Trek has released new 2015 bikes today. A Domane with Disc's and a ladies Silque road bike. Also hear a new road frame, that is going to be superlight, is coming out this month. New platform. Go to your Trek dealer to check them out!

Info on the Silque:
*What is Silque? *
Silque is an all-new OCLV carbon women’s road bike, designed from the ground up to be the absolute best carbon road bike for women.
*Who should buy this bike?*
Silque is designed for any woman who loves to ride: racers, fun seekers, adventurers, and everyone in between. It features OCLV Carbon construction, WSD ride-tuned frame shapes, Tubeless Ready wheels, WSD specific geometry, flawless shifting, and the smoothest ride available. There simply is no better ride than Silque.
*What’s this about the WSD ride-tuned tube shapes?* 
Let’s face it: women and men are built differently. After a full study with Carmichael Training Systems, we designed the Silque frame tubes to the suit the body mass and power output of women, and then further tuned these shapes specifically by frame size. The result is a frame with unparalleled ride quality and maximum compliance for women of all sizes. Furthermore, thanks to the smaller and lighter tube shapes, we were able to shave some weight when compared to the Domane WSD frames—a staggering 120 grams on average!
*What is Carmichael Training Systems (CTS), and what did we learn?*
CTS is the premier destination for coaching, training camps, and performance testing. With their help, we conducted a comprehensive study that compared training data between men and women all over the world. We found that men and women who ride the same size bikes, on average, had notably different power outputs and different body masses. Using exact measurements, we were able to design Silque specifically for women by taking material out for a substantially lighter and better-riding machine.
*Is the frame design on Silque really size-specific?*
Yes! Thanks to the training data in collaboration with CTS, we engineered a size-specific frame design, tuned for the intended rider’s power output and weight to provide the perfect balance of smoothness and power. How do we know it worked? Over the past two years we've tested Silque against the top competitors in the industry. Results: Silque reigns supreme. Domane WSD comes in second—and the rest can’t even compare.
*What is the IsoSpeed Decoupler? *
Rough roads are simply no match for IsoSpeed technology. Our innovative decoupler isolates the seat tube from the rest of the frame, ultimately doubling vertical compliance compared to the next closest competitor—so you ride stronger, longer. With Silque, we've taken this successful and proven technology and refined it for women riders.
*Does Silque feature new geometry?*
Absolutely. Feedback of women around the world tells us that the Domane WSD endurance geometry is a big hit, but we wanted to improve on it for this new platform. Compared to the previous endurance geometry, the new WSD Geometry has less BB drop, shorter chainstays, shorter wheelbase, less offset and greater trail on the fork. What does all this mean? Months of rider testing confirms that the all-new Silque offers the rider quicker and sharper handling than the Domane WSD, yet puts sets their posture for greater shoulder and neck comfort.
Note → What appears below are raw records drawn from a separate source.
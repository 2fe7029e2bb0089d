-- ===== src/AvlTree/Walk/Laws.antt =====
-- Each walk of `avl_tree_stump` ends at the node that its name promises, in the same tree.
use garbage.Prelude.{
  ℕ, ◌≡◌, refl, ◌∙◌, sym, [], ◌∷◌, ◌++◌, Option, none, some, append_assoc, append-nil,
}
use garbage.AvlTree.Nodes.{
  Tree, leaf, node, left_of, right_of, Parents, Cursor, cursor_at, subtree, plug, to_list,
  before_parents, after_parents, before, after,
}
use garbage.AvlTree.Walk.{
  find_rightmost, find_leftmost, climb_while_right, climb_while_left, forward, backward,
}

module _ {ℓ} {A : Type ℓ} where
  abbrev pub root : Cursor A → Tree A
  root c = plug (subtree c) c.parents

  -- `c` is the last node of the subtree `t` at the end of the path `fs`.
  pub record IsLast (t : Tree A) (fs : Parents A) (c : Cursor A) : Type ℓ where
    pub same_root : root c ≡ plug t fs
    pub no_right : c.right ≡ leaf
    pub first : before c ++ c.item ∷ [] ≡ before_parents fs ++ to_list t
    pub rest : after_parents c.parents ≡ after_parents fs

  pub record IsFirst (t : Tree A) (fs : Parents A) (c : Cursor A) : Type ℓ where
    pub same_root : root c ≡ plug t fs
    pub no_left : c.left ≡ leaf
    pub first : before_parents c.parents ≡ before_parents fs
    pub rest : c.item ∷ after c ≡ to_list t ++ after_parents fs

  pub find_rightmost-IsLast :
      (x : A) (h s : ℕ) (l r : Tree A) (fs : Parents A)
      → (c : Cursor A) × (find_rightmost (node x h s l r) fs ≡ some c)
        × IsLast (node x h s l r) fs c
  unfolding find_rightmost
  find_rightmost-IsLast x h s l leaf fs = (
    cursor_at x h s l leaf fs,
    refl,
    record { same_root = refl; no_right = refl; first = simp append_assoc; rest = refl },
  )
  find_rightmost-IsLast x h s l (node rx rh rs rl rr) fs =
      let (c, e, p) = find_rightmost-IsLast rx rh rs rl rr (right_of x h s l ∷ fs) in
      (
        c,
        e,
        record {
          same_root = p.same_root;
          no_right = p.no_right;
          first = p.first ∙ simp append_assoc;
          rest = p.rest;
        },
      )

  pub find_leftmost-IsFirst :
      (x : A) (h s : ℕ) (l r : Tree A) (fs : Parents A)
      → (c : Cursor A) × (find_leftmost (node x h s l r) fs ≡ some c)
        × IsFirst (node x h s l r) fs c
  unfolding find_leftmost
  find_leftmost-IsFirst x h s leaf r fs = (
    cursor_at x h s leaf r fs,
    refl,
    record { same_root = refl; no_left = refl; first = refl; rest = refl },
  )
  find_leftmost-IsFirst x h s (node lx lh ls ll lr) r fs =
      let (c, e, p) = find_leftmost-IsFirst lx lh ls ll lr (left_of x h s r ∷ fs) in
      (
        c,
        e,
        record {
          same_root = p.same_root;
          no_left = p.no_left;
          first = p.first;
          rest = p.rest ∙ simp append_assoc;
        },
      )

  -- The step from a cursor to the next node, or past the last one.
  abbrev pub IsNext : Cursor A → Option (Cursor A) → Type ℓ
  IsNext c none = after c ≡ []
  IsNext c (some d) =
      (root d ≡ root c) × (before d ≡ before c ++ c.item ∷ []) × (after c ≡ d.item ∷ after d)

  abbrev pub IsPrevious : Cursor A → Option (Cursor A) → Type ℓ
  IsPrevious c none = before c ≡ []
  IsPrevious c (some d) =
      (root d ≡ root c) × (before c ≡ before d ++ d.item ∷ []) × (after d ≡ c.item ∷ after c)

  -- What a climb from the subtree `t` at the end of `fs` finds.
  abbrev IsAbove : Tree A → Parents A → Option (Cursor A) → Type ℓ
  IsAbove t fs none = after_parents fs ≡ []
  IsAbove t fs (some d) =
      (root d ≡ plug t fs)
      × (before d ≡ before_parents fs ++ to_list t)
      × (after_parents fs ≡ d.item ∷ after d)

  abbrev IsBelow : Tree A → Parents A → Option (Cursor A) → Type ℓ
  IsBelow t fs none = before_parents fs ≡ []
  IsBelow t fs (some d) =
      (root d ≡ plug t fs)
      × (before_parents fs ≡ before d ++ d.item ∷ [])
      × (after d ≡ to_list t ++ after_parents fs)

  IsAbove-right :
      (x : A) (h s : ℕ) (l t : Tree A) (fs : Parents A) (o : Option (Cursor A))
      → IsAbove (node x h s l t) fs o
      → IsAbove t (right_of x h s l ∷ fs) o
  IsAbove-right x h s l t fs none k = k
  IsAbove-right x h s l t fs (some d) k = (k.0, k.1 ∙ simp append_assoc, k.2)

  IsBelow-left :
      (x : A) (h s : ℕ) (r t : Tree A) (fs : Parents A) (o : Option (Cursor A))
      → IsBelow (node x h s t r) fs o
      → IsBelow t (left_of x h s r ∷ fs) o
  IsBelow-left x h s r t fs none k = k
  IsBelow-left x h s r t fs (some d) k = (k.0, k.1, k.2 ∙ simp append_assoc)

  climb_while_right-IsAbove : (t : Tree A) (fs : Parents A) → IsAbove t fs (climb_while_right t fs)
  unfolding climb_while_right
  climb_while_right-IsAbove t [] = refl
  climb_while_right-IsAbove t (left_of x h s r ∷ fs) = (refl, refl, refl)
  climb_while_right-IsAbove t (right_of x h s l ∷ fs) =
      IsAbove-right x h s l t fs _ (climb_while_right-IsAbove (node x h s l t) fs)

  climb_while_left-IsBelow : (t : Tree A) (fs : Parents A) → IsBelow t fs (climb_while_left t fs)
  unfolding climb_while_left
  climb_while_left-IsBelow t [] = refl
  climb_while_left-IsBelow t (left_of x h s r ∷ fs) =
      IsBelow-left x h s r t fs _ (climb_while_left-IsBelow (node x h s t r) fs)
  climb_while_left-IsBelow t (right_of x h s l ∷ fs) = (refl, simp append_assoc, refl)

  IsNext-above :
      (x : A) (h s : ℕ) (l : Tree A) (fs : Parents A) (o : Option (Cursor A))
      → IsAbove (node x h s l leaf) fs o
      → IsNext (cursor_at x h s l leaf fs) o
  IsNext-above x h s l fs none k = k
  IsNext-above x h s l fs (some d) k = (k.0, k.1 ∙ simp append_assoc, k.2)

  IsPrevious-below :
      (x : A) (h s : ℕ) (r : Tree A) (fs : Parents A) (o : Option (Cursor A))
      → IsBelow (node x h s leaf r) fs o
      → IsPrevious (cursor_at x h s leaf r fs) o
  IsPrevious-below x h s r fs none k = rw append-nil k
  IsPrevious-below x h s r fs (some d) k = (k.0, rw append-nil k.1, k.2)

  forward_at :
      (x : A) (h s : ℕ) (l r : Tree A) (fs : Parents A)
      → IsNext (cursor_at x h s l r fs) (forward (cursor_at x h s l r fs))
  unfolding forward
  forward_at x h s l leaf fs =
      IsNext-above x h s l fs _ (climb_while_right-IsAbove (node x h s l leaf) fs)
  forward_at x h s l (node rx rh rs rl rr) fs =
      let (d, e, p) = find_leftmost-IsFirst rx rh rs rl rr (right_of x h s l ∷ fs) in
      rw e (p.same_root, rw (p.first, p.no_left) (simp append_assoc), sym p.rest)

  backward_at :
      (x : A) (h s : ℕ) (l r : Tree A) (fs : Parents A)
      → IsPrevious (cursor_at x h s l r fs) (backward (cursor_at x h s l r fs))
  unfolding backward
  backward_at x h s leaf r fs =
      IsPrevious-below x h s r fs _ (climb_while_left-IsBelow (node x h s leaf r) fs)
  backward_at x h s (node lx lh ls ll lr) r fs =
      let (d, e, p) = find_rightmost-IsLast lx lh ls ll lr (left_of x h s r ∷ fs) in
      rw e (p.same_root, sym p.first, rw (p.no_right, p.rest) refl)

  -- forward goes to the next node in order in the same tree, and gives NULL only at the last.
  pub forward-IsNext : (c : Cursor A) → IsNext c (forward c)
  forward-IsNext c = forward_at c.item c.height c.size c.left c.right c.parents

  -- backward goes to the previous node in order in the same tree, and gives NULL only at the
  -- first.
  pub backward-IsPrevious : (c : Cursor A) → IsPrevious c (backward c)
  backward-IsPrevious c = backward_at c.item c.height c.size c.left c.right c.parents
*What makes Silque the best-shifting bike in its class? *
We start with the drivetrain itself. The entire Silque lineup uses complete Shimano drivetrains, the industry standard for confident and reliable shifting. We integrate an elegant, lightweight 3S chain keeper into the frame to eliminate chain drops. We use internal cable routing for cleaner lines, cleaner running, and smoother shifting. To further minimize cable contamination, we even give Silque a weather-sealed bottom bracket cable guide. It all adds up to a bike that lets you enjoy the ride rather than worry about the shifting.
*Do these bikes really have complete Shimano gruppos? *
They sure do. It’s important to note that from the Silque S model and up, we use complete matching gruppos, down to the brakes, cassette, and even the chain. No other bike in this class offers that.
*What parts of Silque are women’s specific?*
Let’s be clear: Silque is designed from the ground up by women, for women.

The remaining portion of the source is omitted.